La période actuelle de l’histoire du capitalisme se caractérise, entre autres, par l’absence de grandes créations artistiques, de pensées originales et de progrès philosophiques. Elle se distingue par son extrême superficialité, sa pauvreté intellectuelle et son vide spirituel.
Le chemin vers la révolution socialiste passe par des luttes pour défendre les conquêtes de l’art et de la culture contre la menace que constituent la décadence et la dégénérescence du capitalisme.
La classe ouvrière ne peut rester indifférente au sort de la culture, qui est le socle sur lequel sera construit le futur édifice socialiste. Nous ne pouvons pas laisser la bourgeoisie le détruire !

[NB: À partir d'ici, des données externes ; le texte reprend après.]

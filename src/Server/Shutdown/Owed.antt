-- ===== src/Server/Shutdown/Owed.antt =====
-- What a task of src/server.rs still has to close: for its tables, and for the calls of its cleanup.
use pywire.Base.{
  ◌≡◌, refl, Bool, true, false, ◌||◌, Option, none, some, List, [], ◌∷◌, ◌++◌, arith, String,
  str_eq, if◌then◌else◌, Result, ok, err, All, All-append, is_some, inl, inr, Bool-cases,
}
use pywire.HashMap.{HashMap, lookup}
use pywire.Error.Classes.{PyErr}
use pywire.Query.Response.{Py}
use pywire.Extended.State.{BoundPortal, PortalEntry, PythonPortals, Call, Event}
use pywire.Extended.Close.{bound_of}
use pywire.Extended.Invariant.{live_portal, live_statement}
use pywire.Server.Shutdown.{
  Pc, Phase, serving, cleaning, over, Task, portal_calls, statement_calls, session_calls,
  cleanup_calls, clean_up,
}

abbrev pub closes_portal : String → Call → Bool
closes_portal n (Call.close_portal _ j) = str_eq j n
closes_portal n _ = false

abbrev pub closes_statement : String → Call → Bool
closes_statement n (Call.close_statement _ j) = str_eq j n
closes_statement n _ = false

unfoldable pub any_call : (Call → Bool) → List Call → Bool
any_call f [] = false
any_call f (c ∷ cs) = f c || any_call f cs

abbrev pub is_err : Result PyErr Py → Bool
is_err (ok v) = false
is_err (err e) = true

-- Python was asked, and raised.
unfoldable pub refused : (Call → Bool) → List Event → Bool
refused f [] = false
refused f (e ∷ es) = if f e.call then (is_err e.outcome || refused f es) else refused f es

-- What is in the tables, or still to be called.
abbrev pub owes_portal : String → PythonPortals → Phase → Bool
owes_portal n t (serving p) = is_some (bound_of (lookup n t.portals))
owes_portal n t (cleaning cs) = any_call (closes_portal n) cs
owes_portal n t over = false

abbrev pub owes_statement : String → PythonPortals → Phase → Bool
owes_statement n t (serving p) = is_some (lookup n t.statements)
owes_statement n t (cleaning cs) = any_call (closes_statement n) cs
owes_statement n t over = false

-- Whatever is open in Python is owed, unless Python refused to close it.
abbrev pub PortalOwed : Task → Type 0
PortalOwed t =
    (n : String)
    → live_portal n t.ended ≡ true
    → (owes_portal n t.tables t.phase || refused (closes_portal n) t.ended) ≡ true

abbrev pub StatementOwed : Task → Type 0
StatementOwed t =
    (n : String)
    → live_statement n t.ended ≡ true
    → (owes_statement n t.tables t.phase || refused (closes_statement n) t.ended) ≡ true

any_call-append :
    (f : Call → Bool) (cs ds : List Call) → any_call f (cs ++ ds) ≡ (any_call f cs || any_call f ds)
unfolding any_call
any_call-append f [] ds = refl
any_call-append f (c ∷ cs) ds = ground (arith, any_call-append f cs ds)

portal_calls-closes :
    (n : String) (m : HashMap PortalEntry)
    → is_some (bound_of (lookup n m)) ≡ true
    → any_call (closes_portal n) (portal_calls m) ≡ true
unfolding lookup portal_calls any_call
portal_calls-closes n [] h = cc
portal_calls-closes n ((j, e) ∷ m) h = ground (arith, portal_calls-closes n m)

statement_calls-closes :
    (n : String) (m : HashMap Py)
    → is_some (lookup n m) ≡ true
    → any_call (closes_statement n) (statement_calls m) ≡ true
unfolding lookup statement_calls any_call
statement_calls-closes n [] h = cc
statement_calls-closes n ((j, i) ∷ m) h = ground (arith, statement_calls-closes n m)

-- Cleanup calls for all that is in the tables.
module _ (has_close : Py → Bool) where
  cleanup_calls-portal :
      (n : String) (t : PythonPortals)
      → is_some (bound_of (lookup n t.portals)) ≡ true
      → any_call (closes_portal n) (cleanup_calls has_close t) ≡ true
  unfolding cleanup_calls
  cleanup_calls-portal n t h = ground (
    arith,
    portal_calls-closes n t.portals h,
    any_call-append (closes_portal n) (portal_calls t.portals)
        (statement_calls t.statements ++ session_calls has_close t.session),
  )

  cleanup_calls-statement :
      (n : String) (t : PythonPortals)
      → is_some (lookup n t.statements) ≡ true
      → any_call (closes_statement n) (cleanup_calls has_close t) ≡ true
  unfolding cleanup_calls
  cleanup_calls-statement n t h = ground (
    arith,
    statement_calls-closes n t.statements h,
    any_call-append (closes_statement n) (portal_calls t.portals)
        (statement_calls t.statements ++ session_calls has_close t.session),
    any_call-append (closes_statement n) (statement_calls t.statements)
        (session_calls has_close t.session),
  )

  pub clean_up-PortalOwed :
      (t : Task) (p : Pc) (dropped : Option Call)
      → t.phase ≡ serving p
      → PortalOwed t
      → PortalOwed (clean_up has_close t dropped)
  unfolding clean_up
  clean_up-PortalOwed t p dropped e h n live =
      ground (arith, e, h n live, cleanup_calls-portal n t.tables)

  pub clean_up-StatementOwed :
      (t : Task) (p : Pc) (dropped : Option Call)
      → t.phase ≡ serving p
      → StatementOwed t
      → StatementOwed (clean_up has_close t dropped)
  unfolding clean_up
  clean_up-StatementOwed t p dropped e h n live =
      ground (arith, e, h n live, cleanup_calls-statement n t.tables)

-- And for nothing else.
abbrev pub is_cleanup : Call → Bool
is_cleanup (Call.close_portal _ _) = true
is_cleanup (Call.close_statement _ _) = true
is_cleanup (Call.close_session _) = true
is_cleanup _ = false

abbrev pub AllCleanup : List Call → Type 0
AllCleanup cs = All (λ c. is_cleanup c ≡ true) cs

portal_calls-AllCleanup : (m : HashMap PortalEntry) → AllCleanup (portal_calls m)
unfolding portal_calls
portal_calls-AllCleanup [] = tt
portal_calls-AllCleanup ((n, e) ∷ m) = entry e.bound (portal_calls-AllCleanup m)
  where
    entry :
        (o : Option BoundPortal)
        → AllCleanup (portal_calls m)
        → AllCleanup (elim o [
          | none ↦ portal_calls m
          | some b ↦ Call.close_portal b.instance_ref n ∷ portal_calls m
        ])
    entry none h = h
    entry (some b) h = (refl, h)

statement_calls-AllCleanup : (m : HashMap Py) → AllCleanup (statement_calls m)
unfolding statement_calls
statement_calls-AllCleanup [] = tt
statement_calls-AllCleanup ((n, i) ∷ m) = (refl, statement_calls-AllCleanup m)

session_calls-AllCleanup :
    (has_close : Py → Bool) (o : Option Py) → AllCleanup (session_calls has_close o)
unfolding session_calls
session_calls-AllCleanup has_close none = tt
session_calls-AllCleanup has_close (some i) = elim (Bool-cases (has_close i)) [
  | inl e ↦ rw e (refl, tt)
  | inr e ↦ rw e tt
]

pub cleanup_calls-AllCleanup :
    (has_close : Py → Bool) (t : PythonPortals) → AllCleanup (cleanup_calls has_close t)
unfolding cleanup_calls
cleanup_calls-AllCleanup has_close t =
    All-append (λ c. is_cleanup c ≡ true) (portal_calls t.portals)
      (statement_calls t.statements ++ session_calls has_close t.session)
      (portal_calls-AllCleanup t.portals)
      (All-append (λ c. is_cleanup c ≡ true) (statement_calls t.statements)
        (session_calls has_close t.session) (statement_calls-AllCleanup t.statements)
        (session_calls-AllCleanup has_close t.session))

La lutte contre l’impérialisme et le capitalisme est étroitement liée à la lutte pour défendre les acquis de la culture humaine contre une force destructrice qui menace de les écraser pour satisfaire son insatiable avidité. Les conquêtes de 5000 ans de civilisation humaine doivent être défendus, valorisés, chéris et préservés au bénéfice de nos enfants et petits-enfants.
Au seuil de la Seconde Guerre mondiale, Trotsky a rédigé un Manifeste pour défendre la liberté de l’art ; il a été publié sous la signature d’André Breton. En 1938, la Fédération internationale de l’art révolutionnaire indépendant (FIARI) a été créée dans la foulée de ce Manifeste.
Nous avons là un modèle inspirant à suivre !
Artistes, musiciens, écrivains et intellectuels ! Vous devez balayer toute peur, toute hésitation, et vous unir à la classe ouvrière dans la lutte révolutionnaire pour transformer la société et construire un monde nouveau, digne de l’existence humaine.
Nous vous invitons à nous rejoindre dans la lutte pour la culture et les conquêtes de la civilisation humaine contre la barbarie capitaliste.
Par votre activité, vous pouvez apporter une précieuse contribution à la lutte pour l’émancipation des travailleurs du monde entier, qui est la condition préalable à la libération de l’art et de la vie culturelle.
Ne restez pas à l’écart !
N’hésitez pas !
Prenez la place qui vous revient dans les rangs de l’Internationale Communiste Révolutionnaire !
Londres,13 mai 2024
[1] Ernst Fischer, The Necessity of Art, Penguin Books, 1963, p. 14
[2] Georges Plekhanov, Selected Philosophical Works, Vol. 5, Progress Publishers 1981, p. 456
[3] Cité dans Elizabeth Knowles (ed.), The Oxford Dictionary of Quotations, Oxford University Press, 1999, p. 349.